So you're co-launching a sect and become a sex-guru? ;)

No srsly, I've found that many people (not only young women) could need some
help to get more self-esteem, curiosity (many are, but they think they're not
allowed to be), orientation, focus, can-do mentality, so your business could
be helpful.

Indirectly I do something similar. I give seminars (as a side business) on
business apparel and experienced that the technical stuff (e.g., colour choice
or sleeve length) is just a part, attitude is equally (or even more)
important. And people (both men and women) often need someone (me in this
case) who tells them that they're not that bad, that there are (mostly
unwritten or not commonly known) rules out there that can be understood. That
a lot of confusion can be reduced often with simple methods (i.e., complex
things made simple and applicable).

My background in social simulation certainly helps to understand social
dynamics and make those rules and how-to procedures minimal and explicit.
E.g., parts of my approach are directly transfered from the theory of situated
agents, where one is embedded within a (social) context, occupies a (social)
position, has goals, which lead to the required actions.

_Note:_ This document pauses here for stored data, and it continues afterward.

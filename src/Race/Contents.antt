-- ===== src/Race/Contents.antt =====
-- What the messages of the worker for invalid requests hold, and the cycle of an update.
use Prim.Native.Nat.{bit_or}
use gatebench.Base.{ℕ, ◌<◌, ◌≡◌, ◌∙◌, ap, Option, List, arith, if◌then◌else◌, ◌==◌}
use gatebench.Config.{GbConfig, clock_tai}
use gatebench.Mnl.{Mnl}
use gatebench.Mnl.Tlv.{Attrs, leaf, nest, cons, nil, one, attrs_size}
use gatebench.Mnl.Writing.{Draft, add_all}
use gatebench.Mnl.Writes.{
  Writes, Writes-put, Writes-u32, Writes-u64, Writes-strz, Writes-then, Writes-nest,
}
use gatebench.Gate.Types.{GateEntry}
use gatebench.Gate.Build.{tc_gate_bytes}
use gatebench.Gate.Trees.{message, in_table, action_attrs, u32_attr, u64_attr}
use gatebench.Gate.Sizes.{action_size, length-tc_gate_bytes}
use gatebench.Gate.Contents.{nested_size, table_small}
use gatebench.Gate.Numbers.{
  rtm_newaction, tc_act_pipe, nlm_f_request, nlm_f_ack, tca_act_options, tca_gate_parms,
  tca_gate_clockid, tca_gate_base_time, tca_gate_cycle_time,
}
use gatebench.Race.Invalid.{
  race_start, race_message, bad_clockid, bad_base_time, bad_cycle_time, invalid_action,
  race_invalid_interval_ns,
}
use gatebench.Race.Updates.{intervals, or_interval, cycle_of, basetime_shape}

module _ (m : Mnl) where
  race_start_draft :
      (flags : ℕ) (b : m.Buf)
      → m.draft (race_start m flags b)
        ≡ message rtm_newaction (bit_or (bit_or nlm_f_request nlm_f_ack) flags) nil
  unfolding race_start
  race_start_draft flags b =
      simp (m.draft-put_extra, m.draft-set_flags, m.draft-set_type, m.draft-put_header)

  race_finished :
      (flags : ℕ) (b : m.Buf) {g : m.Buf → m.Buf} {f : Attrs}
      → Writes m g f
      → m.draft (g (race_start m flags b))
        ≡ message rtm_newaction (bit_or (bit_or nlm_f_request nlm_f_ack) flags) f
  race_finished flags b {g} {f} p =
      p.at (race_start m flags b) ∙ ap (add_all f) (race_start_draft flags b)

  -- A message whose options are f.
  abbrev pub holding : ℕ → ℕ → Attrs → Draft
  holding flags index f =
      message rtm_newaction (bit_or (bit_or nlm_f_request nlm_f_ack) flags)
        (in_table (action_attrs m index (one (nest tca_act_options f))))

  race_message_holds :
      (flags index : ℕ) {options : m.Buf → m.Buf} {f : Attrs} (b : m.Buf)
      → attrs_size f < 1000
      → Writes m options f
      → m.draft (race_message m flags index options b) ≡ holding flags index f
  unfolding race_message
  race_message_holds flags index {options} {f} b small p = race_finished flags b (
      Writes-nest m _
        (table_small (action_attrs m index (one (nest tca_act_options f))) (
          omega (
            arith,
            action_size m index (one (nest tca_act_options f)),
            nested_size tca_act_options f,
          )))
        (Writes-nest m _
          (omega (
            arith,
            action_size m index (one (nest tca_act_options f)),
            nested_size tca_act_options f,
          ))
          (Writes-then m (Writes-strz m _ _)
            (Writes-then m (Writes-u32 m _ _) (Writes-nest m _ (omega arith) p)))))

  -- The four requests with one wrong attribute hold the index, TC_ACT_PIPE or 0x7fffffff as action, and
  -- a clock, a base time and a cycle time, of which one has the wrong size: 64 bits for the clock, 32
  -- for the base time, 32 for the cycle time.
  pub invalid_contents :
      (flags index : ℕ) (b : m.Buf)
      → (m.draft (race_message m flags index (bad_clockid m index) b)
          ≡ holding flags index (
              cons (leaf tca_gate_parms (tc_gate_bytes m index tc_act_pipe)) (
                cons (u64_attr m tca_gate_clockid clock_tai) (
                  cons
                    (u64_attr m tca_gate_base_time 0)
                    (one (u64_attr m tca_gate_cycle_time race_invalid_interval_ns))))))
        × (m.draft (race_message m flags index (bad_base_time m index) b)
            ≡ holding flags index (
                cons (leaf tca_gate_parms (tc_gate_bytes m index tc_act_pipe)) (
                  cons (u32_attr m tca_gate_clockid clock_tai) (
                    cons
                      (u32_attr m tca_gate_base_time 0)
                      (one (u64_attr m tca_gate_cycle_time race_invalid_interval_ns))))))
        × (m.draft (race_message m flags index (bad_cycle_time m index) b)
            ≡ holding flags index (
                cons (leaf tca_gate_parms (tc_gate_bytes m index tc_act_pipe)) (
                  cons (u32_attr m tca_gate_clockid clock_tai) (
                    cons
                      (u64_attr m tca_gate_base_time 0)
                      (one (u32_attr m tca_gate_cycle_time race_invalid_interval_ns))))))
        × (m.draft (race_message m flags index (invalid_action m index) b)
            ≡ holding flags index (
                cons (leaf tca_gate_parms (tc_gate_bytes m index 0x7fffffff)) (
                  cons (u32_attr m tca_gate_clockid clock_tai) (
                    cons
                      (u64_attr m tca_gate_base_time 0)
                      (one (u64_attr m tca_gate_cycle_time race_invalid_interval_ns))))))
  unfolding attrs_size
  invalid_contents flags index b = (
    race_message_holds flags index b
        (omega (
          arith,
          length-tc_gate_bytes m index tc_act_pipe,
          m.length-u64_bytes clock_tai,
          m.length-u64_bytes 0,
          m.length-u64_bytes race_invalid_interval_ns,
        ))
        (Writes-then m (Writes-put m _ _)
          (Writes-then m (Writes-u64 m _ _) (Writes-then m (Writes-u64 m _ _) (Writes-u64 m _ _)))),
    race_message_holds flags index b
        (omega (
          arith,
          length-tc_gate_bytes m index tc_act_pipe,
          m.length-u32_bytes clock_tai,
          m.length-u32_bytes 0,
          m.length-u64_bytes race_invalid_interval_ns,
        ))
        (Writes-then m (Writes-put m _ _)
          (Writes-then m (Writes-u32 m _ _) (Writes-then m (Writes-u32 m _ _) (Writes-u64 m _ _)))),
    race_message_holds flags index b
        (omega (
          arith,
          length-tc_gate_bytes m index tc_act_pipe,
          m.length-u32_bytes clock_tai,
          m.length-u64_bytes 0,
          m.length-u32_bytes race_invalid_interval_ns,
        ))
        (Writes-then m (Writes-put m _ _)
          (Writes-then m (Writes-u32 m _ _) (Writes-then m (Writes-u64 m _ _) (Writes-u32 m _ _)))),
    race_message_holds flags index b
        (omega (
          arith,
          length-tc_gate_bytes m index 0x7fffffff,
          m.length-u32_bytes clock_tai,
          m.length-u64_bytes 0,
          m.length-u64_bytes race_invalid_interval_ns,
        ))
        (Writes-then m (Writes-put m _ _)
          (Writes-then m (Writes-u32 m _ _) (Writes-then m (Writes-u64 m _ _) (Writes-u64 m _ _)))),
  )

-- Whatever the configuration and the entries, and even where the sum of the intervals wraps around to
-- 0, an update of the base time has a cycle time above 0.
pub basetime_shape-cycle :
    (cfg : Option GbConfig) (basetime clockid : ℕ) (entries : List GateEntry)
    → 0 < (basetime_shape cfg basetime clockid entries).cycle_time
unfolding basetime_shape
basetime_shape-cycle cfg basetime clockid entries =
    positive (if cycle_of cfg == 0 then intervals 0 entries else cycle_of cfg)
  where
    positive : (cycle : ℕ) → 0 < or_interval cfg cycle
    positive cycle = ground arith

Shorter:

f(context, position, goals) -> actions.

In the case of my seminars, the actions are mostly clothing-related (e.g.,
dress like co-workers or dress like seniors?). But it's easily extendable.

Sorry, you didn't ask for this, I wrote it anyway. :)

------
Nursie
I don't really get the whole self-help, personal-development thing, but maybe
that's because when life starts to bore me or get stale I change it.

The conversation in the article reads like this guy is somewhat manic though.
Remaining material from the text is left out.